A novel pellet-based 3D printing of high stretchable elastomer

Abstract

Elastomers, known for their high stretchability and flexibility, are widely used in high-tech applications. However, traditional manufacturing methods for elastomeric part production have limitations. 3D printing, particularly fused deposition modeling (FDM), offers a promising alternative by allowing the fabrication of customized elastomers with desired shapes and properties. Conventional filament-based FDM techniques struggle to print elastomers. This article presents a novel approach for 3D printing polyolefin elastomer (POE) using a direct pellet printing technique.
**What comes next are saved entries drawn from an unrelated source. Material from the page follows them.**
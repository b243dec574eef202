-- ===== src/Postgres/Life.antt =====
-- The lives of a connection and its results in ffi/postgres.c.
pub mod Results
pub mod Frees
use linen.Base.{ℕ, ◌≡◌, refl, Bool, true, false, Option, some, none, List, [], ◌∷◌, arith}
use linen.Calls.{Code, Exit, ok, error, Prog, done, and_then, Library, run}
use linen.Calls.Legal.{Legal, Legal-run, Legal-and_then, SomeIs, after_all, has_all}
use linen.Postgres.{
  Call, Reply, Object, conn, conn_wrapper, result, result_wrapper, ConnCall, on_conn, uses, libpq,
}
use linen.Postgres.Result.{PgResult}
use linen.Postgres.Connection
use linen.Postgres.Connection.{Conn, with_conn}
use linen.Postgres.Getters
use linen.Postgres.Life.Results.{
  Any, held_if, conn_held, result_held, ResultOp, result_life, result_life-Legal,
}

-- how a connection is opened
pub data Opening : Type 0 where
  connects starts : List ℕ → Opening

-- what Lean calls on a connection; a result lives its life
pub data ConnOp : Type 0 where
  closes consumes takes_notify resets : ConnOp
  escapes_literal escapes_identifier copies ends_copy : List ℕ → ConnOp
  sets_nonblocking : ℕ → ConnOp
  gets_status gets_error gets_transaction gets_version gets_socket gets_db gets_user gets_host
        gets_port :
      ConnOp
  polls gets_nonblocking : ConnOp
  execs : List ℕ → List ResultOp → ConnOp
  execs_params : List ℕ → List (Option (List ℕ)) → List ResultOp → ConnOp
  prepares : List ℕ → List ℕ → List ResultOp → ConnOp
  execs_prepared : List ℕ → List (Option (List ℕ)) → List ResultOp → ConnOp

abbrev closed : Conn → Exit Conn → Conn
closed c (ok c') = c'
closed c (error e) = c

abbrev with_result : Conn → List ResultOp → Exit PgResult → Prog libpq Conn
with_result c os (ok r) = and_then (result_life os r) (λ x. done c)
with_result c os (error e) = done c

abbrev keep : {A : Type 0} → Conn → Code libpq A → Prog libpq Conn
keep c p = and_then p (λ r. done c)

pub conn_code : ConnOp → Conn → Prog libpq Conn
conn_code closes c = and_then (Connection.close c) (λ r. done (closed c r))
conn_code consumes c = keep c (Connection.consume c)
conn_code takes_notify c = keep c (Connection.next_notify c)
conn_code resets c = keep c (Connection.reset_conn c)
conn_code (escapes_literal s) c = keep c (Connection.literal c s)
conn_code (escapes_identifier s) c = keep c (Connection.identifier c s)
conn_code (copies bytes) c = keep c (Connection.copy_data c bytes)
conn_code (ends_copy m) c = keep c (Connection.copy_end c m)
conn_code (sets_nonblocking n) c = keep c (Connection.make_nonblocking c n)
conn_code gets_status c = keep c (Getters.conn_status c)
conn_code gets_error c = keep c (Getters.last_error c)
conn_code gets_transaction c = keep c (Getters.transaction c)
conn_code gets_version c = keep c (Getters.version c)
conn_code gets_socket c = keep c (Getters.socket_of c)
conn_code gets_db c = keep c (Getters.db_of c)
conn_code gets_user c = keep c (Getters.user_of c)
conn_code gets_host c = keep c (Getters.host_of c)
conn_code gets_port c = keep c (Getters.port_of c)
conn_code polls c = keep c (Getters.poll_connect c)
conn_code gets_nonblocking c = keep c (Getters.nonblocking c)
conn_code (execs query os) c = and_then (Connection.exec_query c query) (with_result c os)
conn_code (execs_params query ps os) c =
    and_then (Connection.exec_with c query ps) (with_result c os)
conn_code (prepares name query os) c =
    and_then (Connection.prepare_stmt c name query) (with_result c os)
conn_code (execs_prepared name ps os) c =
    and_then (Connection.exec_stmt c name ps) (with_result c os)

-- the calls on a connection, and then its finalizer
pub conn_life : List ConnOp → Conn → Prog libpq (Exit (Unit {0}))
unfolding conn_code
conn_life [] c = Connection.conn_finalizer c
conn_life (o ∷ os) c = and_then (conn_code o c) (λ c'. conn_life os c')

abbrev opened_life : List ConnOp → Exit Conn → Prog libpq (Exit (Unit {0}))
opened_life os (ok c) = conn_life os c
opened_life os (error e) = done (error e)

abbrev opening : Opening → Code libpq Conn
opening (connects conninfo) = Connection.connect conninfo
opening (starts conninfo) = Connection.start_connect conninfo

-- a connection from its opening to its finalizer
pub connection : Opening → List ConnOp → Prog libpq (Exit (Unit {0}))
unfolding conn_life
connection o os = and_then (opening o) (opened_life os)

abbrev Passes : Conn → Prog libpq Conn → Type 0
Passes c p = Legal libpq Any (λ c'. conn_held c') (conn_held c) p

-- what is held when a query has a result, or none
abbrev queried : Conn → Exit PgResult → List Object
queried c (ok r) = result_held r (conn_held c)
queried c (error e) = conn_held c

with_result-Legal :
    (c : Conn) (os : List ResultOp) (r : Exit PgResult)
    → Legal libpq Any (λ c'. conn_held c') (queried c r) (with_result c os r)
with_result-Legal c os (ok r) =
    Legal-and_then libpq Any _ _ _ (result_life os r) (λ x. done c) (result_life-Legal os r c)
      (λ x. refl)
with_result-Legal c os (error e) = refl

abbrev Queries : Conn → Code libpq PgResult → Type 0
Queries c p = Legal libpq Any (queried c) (conn_held c) p

and_then-Passes :
    (c : Conn) (p : Code libpq PgResult) (os : List ResultOp)
    → Queries c p
    → Passes c (and_then p (with_result c os))
and_then-Passes c p os h =
    Legal-and_then libpq Any _ _ _ p (with_result c os) h (with_result-Legal c os)

exec_query-Queries :
    (b : Bool) (query : List ℕ)
    → Queries (record { conn_open = b }) (Connection.exec_query (record { conn_open = b }) query)
unfolding Connection.exec_query
exec_query-Queries true query = ground arith
exec_query-Queries false query = ground arith

exec_with-Queries :
    (b : Bool) (query : List ℕ) (ps : List (Option (List ℕ)))
    → Queries (record { conn_open = b }) (Connection.exec_with (record { conn_open = b }) query ps)
unfolding Connection.exec_with
exec_with-Queries true query [] = ground arith
exec_with-Queries true query (p ∷ ps) = ground arith
exec_with-Queries false query [] = ground arith
exec_with-Queries false query (p ∷ ps) = ground arith

prepare_stmt-Queries :
    (b : Bool) (name query : List ℕ)
    → Queries
        (record { conn_open = b })
        (Connection.prepare_stmt (record { conn_open = b }) name query)
unfolding Connection.prepare_stmt
prepare_stmt-Queries true name query = ground arith
prepare_stmt-Queries false name query = ground arith

exec_stmt-Queries :
    (b : Bool) (name : List ℕ) (ps : List (Option (List ℕ)))
    → Queries (record { conn_open = b }) (Connection.exec_stmt (record { conn_open = b }) name ps)
unfolding Connection.exec_stmt
exec_stmt-Queries true name [] = ground arith
exec_stmt-Queries true name (p ∷ ps) = ground arith
exec_stmt-Queries false name [] = ground arith
exec_stmt-Queries false name (p ∷ ps) = ground arith

conn_code-Passes :
    (o : ConnOp) (b : Bool)
    → Passes (record { conn_open = b }) (conn_code o (record { conn_open = b }))
unfolding conn_code Connection.close Connection.consume Connection.next_notify Connection.reset_conn
    Connection.literal Connection.identifier Connection.copy_data Connection.copy_end
    Connection.make_nonblocking Getters.conn_status Getters.last_error Getters.transaction
    Getters.version Getters.socket_of Getters.db_of Getters.user_of Getters.host_of Getters.port_of
    Getters.poll_connect Getters.nonblocking
conn_code-Passes (execs query os) b = and_then-Passes _ _ os (exec_query-Queries b query)
conn_code-Passes (execs_params query ps os) b =
    and_then-Passes _ _ os (exec_with-Queries b query ps)
conn_code-Passes (prepares name query os) b =
    and_then-Passes _ _ os (prepare_stmt-Queries b name query)
conn_code-Passes (execs_prepared name ps os) b =
    and_then-Passes _ _ os (exec_stmt-Queries b name ps)
conn_code-Passes o true = ground arith
conn_code-Passes o false = ground arith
A customized pellet printer with a pneumatic pressure feeding system was used that eliminates filament buckling issues commonly associated with conventional filament-based 3D printing methods. The mechanical properties and microstructure of the printed parts were analyzed to evaluate the suitability of the technique for producing high-quality elastomeric components. SEM images indicated a high-quality and accurate printing method; however, there are micro-holes between the raster due to the high shrinkage rate of POE and increasing the nozzle temperature improves the print quality. The mechanical properties of the printed samples exhibited remarkable formability, with elongation reaching up to 1965%. It is also found that as the nozzle temperature increased, the strength, elongation, and bonding between layers improved significantly. This innovative 3D printing technique has the potential for various applications such as soft robotics and wearable electronics.